## [EXERCISE DESCRIPTION]
Among the entries that follow, find the lines containing the string "HasWholeAmounts" and copy them.

______

-- ===== src/Billing/Totals.antt =====
-- The amounts that a checkout (src/services/billingService.ts) stores.
use backend_v.Prelude.{ℕ, ◌+◌, ◌*◌, ◌%◌, ◌≡◌, refl, sym, ap, ◌∙◌, List, [], ◌∷◌, arith, All}
use backend_v.Prelude.Int.{ℤ, pos, negsuc, negate, ◌+ℤ◌, ◌-ℤ◌, ◌*ℤ◌, ◌≤ℤ◌, int_laws, eq_of_parts}
use backend_v.Billing.Input.{CheckoutInput}
use backend_v.Billing.Prepare.{prepare, Prepared, CheckedPayment, ResolvedItem, subtotal_from}
use backend_v.Billing.Record.{payment_rows, bill_items}
use backend_v.Billing.Settlement.{Settled, paid_amount, prepare-Settled}
use backend_v.Errors.{ok}
use backend_v.Money.{Money, paisa, zero_money, add, mul, round2, round_half_up, equals_money}
use backend_v.Money.Rounding.{IsPaise, add_lem, IsPaise-round2, round2-IsPaise, round2-pos}
use backend_v.Store.Schema.{Db, BillItem, Payment}

-- The sum of the amounts on the stored payments, and of the totals on the stored lines.
unfoldable pub stored_amount : List Payment → ℤ
stored_amount [] = pos 0
stored_amount (p ∷ ps) = p.amount +ℤ stored_amount ps

unfoldable pub line_sum : List BillItem → ℤ
line_sum [] = pos 0
line_sum (it ∷ items) = it.line_total +ℤ line_sum items

abbrev pub HasWholeAmounts : List CheckedPayment → Type 0
HasWholeAmounts ps = All (λ p. IsPaise p.payment.amount) ps

IsPaise-add : (a b : Money) → IsPaise a → IsPaise b → IsPaise (a +ℤ b)
IsPaise-add a b (k, e) (l, f) = (k + l, rw (e, f) (omega int_laws))

paid_amount-IsPaise : (ps : List CheckedPayment) → HasWholeAmounts ps → IsPaise (paid_amount ps)
unfolding paid_amount
paid_amount-IsPaise [] h = (0, refl)
paid_amount-IsPaise (p ∷ ps) h = IsPaise-add _ _ h.0 (paid_amount-IsPaise ps h.1)

stored_amount-payment_rows :
    (ps : List CheckedPayment)
    → HasWholeAmounts ps
    → stored_amount (payment_rows ps) ≡ paid_amount ps
unfolding stored_amount payment_rows paid_amount
stored_amount-payment_rows [] h = refl
stored_amount-payment_rows (p ∷ ps) h =
    ap (λ a. a +ℤ stored_amount (payment_rows ps)) (round2-IsPaise p.payment.amount h.0)
    ∙ ap (λ s. p.payment.amount +ℤ s) (stored_amount-payment_rows ps h.1)

round2-negate : (m : ℕ) → round2 (negate (pos m)) ≡ negate (pos (round_half_up m))
unfolding round2 negate
round2-negate ℕ.zero = refl
round2-negate (ℕ.suc m) = let e : negate (pos (ℕ.suc m)) ≡ negsuc m = omega int_laws in ap round2 e

round2-round2 : (a : Money) → round2 (round2 a) ≡ round2 a
unfolding round2 negate
round2-round2 (pos n) = round2-IsPaise _ (IsPaise-round2 n)
round2-round2 (negsuc n) =
    round2-negate (round_half_up (ℕ.suc n)) ∙ ap (λ m. negate (pos m)) (omega arith)

sub_add_zero : (a : ℤ) → a -ℤ zero_money +ℤ zero_money ≡ a
sub_add_zero a = omega int_laws

-- Where every payment is a whole number of paise, the stored payments add up to the stored total.
pub stored_amount-Settled :
    (i : CheckoutInput) (p : Prepared) (d : Db)
    → Settled i p d
    → HasWholeAmounts p.payments
    → stored_amount (payment_rows p.payments) ≡ p.grand_total
unfolding equals_money
stored_amount-Settled i p d s whole =
    let sum = paid_amount-IsPaise p.payments whole in
    let total : round2 p.grand_total ≡ p.grand_total = rw s.grand_total_is (round2-round2 _) in
    let equal : round2 (paid_amount p.payments) ≡ round2 p.grand_total =
      eq_of_parts _ _ (ground (arith, s.balanced)) in
    stored_amount-payment_rows p.payments whole ∙ sym (round2-IsPaise _ sum) ∙ equal ∙ total

-- Where the checks of a checkout let two payments through that each end in exactly half a paisa, the
-- payments add up to the total, and what is stored of them adds up to one paisa more.
pub stored_amount-tie :
    (i : CheckoutInput) (p : Prepared) (d d' : Db) (x y : CheckedPayment) (a b : ℕ)
    → prepare i d ≡ (ok p, d')
    → p.payments ≡ x ∷ y ∷ []
    → x.payment.amount ≡ pos a
    → y.payment.amount ≡ pos b
    → a % paisa ≡ 500_000
    → b % paisa ≡ 500_000
    → (pos a +ℤ pos b ≡ p.grand_total)
      × (stored_amount (payment_rows p.payments) ≡ p.grand_total +ℤ pos paisa)
unfolding equals_money stored_amount payment_rows paid_amount
stored_amount-tie i p d d' x y a b prepared two is_a is_b tie_a tie_b =
    let s = prepare-Settled i d p d' prepared in
    let total : round2 p.grand_total ≡ p.grand_total = rw s.grand_total_is (round2-round2 _) in
    let equal : round2 (paid_amount p.payments) ≡ round2 p.grand_total =
      eq_of_parts _ _ (ground (arith, s.balanced)) in
    let sum : paid_amount p.payments ≡ pos (a + b) =
      ap paid_amount two ∙ grind (int_laws, is_a, is_b) in
    let stored : stored_amount (payment_rows p.payments)
        ≡ pos (round_half_up a) +ℤ pos (round_half_up b) =
      ap (λ ps. stored_amount (payment_rows ps)) two
      ∙ grind (int_laws, ap round2 is_a, ap round2 is_b, round2-pos a, round2-pos b) in
    let rounded : p.grand_total ≡ pos (round_half_up (a + b)) =
      sym total ∙ sym equal ∙ ap round2 sum ∙ round2-pos (a + b) in
    (
      rw rounded (omega (int_laws, tie_a, tie_b)),
      stored ∙ rw rounded (omega (int_laws, tie_a, tie_b)),
    )

-- Every line has a price in whole paise and a quantity that is not negative.
abbrev pub HasWholeLines : List ResolvedItem → Type 0
HasWholeLines rs = All (λ r. IsPaise r.unit_price × (pos 0 ≤ℤ r.quantity)) rs

mul-IsPaise : (a : Money) (q : ℤ) → IsPaise a → pos 0 ≤ℤ q → IsPaise (mul a q)
unfolding mul ◌*ℤ◌
mul-IsPaise a (pos n) (k, e) h = (k * n, rw e (ground arith))
mul-IsPaise a (negsuc n) (k, e) h = absurd (omega arith)

subtotal_from-bill_items :
    (sum : Money) (rs : List ResolvedItem)
    → HasWholeLines rs
    → subtotal_from sum rs ≡ sum +ℤ line_sum (bill_items rs)
unfolding subtotal_from line_sum bill_items
subtotal_from-bill_items sum [] h = omega int_laws
subtotal_from-bill_items sum (r ∷ rs) h = grind (
  int_laws,
  subtotal_from-bill_items (add sum (mul r.unit_price r.quantity)) rs h.1,
  add_lem sum (mul r.unit_price r.quantity),
  round2-IsPaise (mul r.unit_price r.quantity) (mul-IsPaise r.unit_price r.quantity h.0.0 h.0.1),
)

line_sum-IsPaise : (rs : List ResolvedItem) → HasWholeLines rs → IsPaise (line_sum (bill_items rs))
unfolding line_sum bill_items
line_sum-IsPaise [] h = (0, refl)
line_sum-IsPaise (r ∷ rs) h =
    let product = mul-IsPaise r.unit_price r.quantity h.0.0 h.0.1 in
    IsPaise-add _ _ (rw (round2-IsPaise (mul r.unit_price r.quantity) product) product)
      (line_sum-IsPaise rs h.1)

-- The totals of the stored lines add up to the stored total.
pub line_sum-Settled :
    (i : CheckoutInput) (p : Prepared) (d : Db)
    → Settled i p d
    → HasWholeLines p.lines
    → line_sum (bill_items p.lines) ≡ p.grand_total
line_sum-Settled i p d s whole =
    let sum = line_sum-IsPaise p.lines whole in
    let lines : subtotal_from zero_money p.lines ≡ line_sum (bill_items p.lines) =
      subtotal_from-bill_items zero_money p.lines whole ∙ omega int_laws in
    let subtotal : p.subtotal ≡ line_sum (bill_items p.lines) =
      s.subtotal_is ∙ ap round2 lines ∙ round2-IsPaise _ sum in
    sym (
      s.grand_total_is
      ∙ ap round2 (sub_add_zero p.subtotal)
      ∙ ap round2 subtotal
      ∙ round2-IsPaise _ sum)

______

## [RESPONSE AREA]
abbrev pub HasWholeAmounts : List CheckedPayment → Type 0
HasWholeAmounts ps = All (λ p. IsPaise p.payment.amount) ps
paid_amount-IsPaise : (ps : List CheckedPayment) → HasWholeAmounts ps → IsPaise (paid_amount ps)
    → HasWholeAmounts ps
    → HasWholeAmounts p.payments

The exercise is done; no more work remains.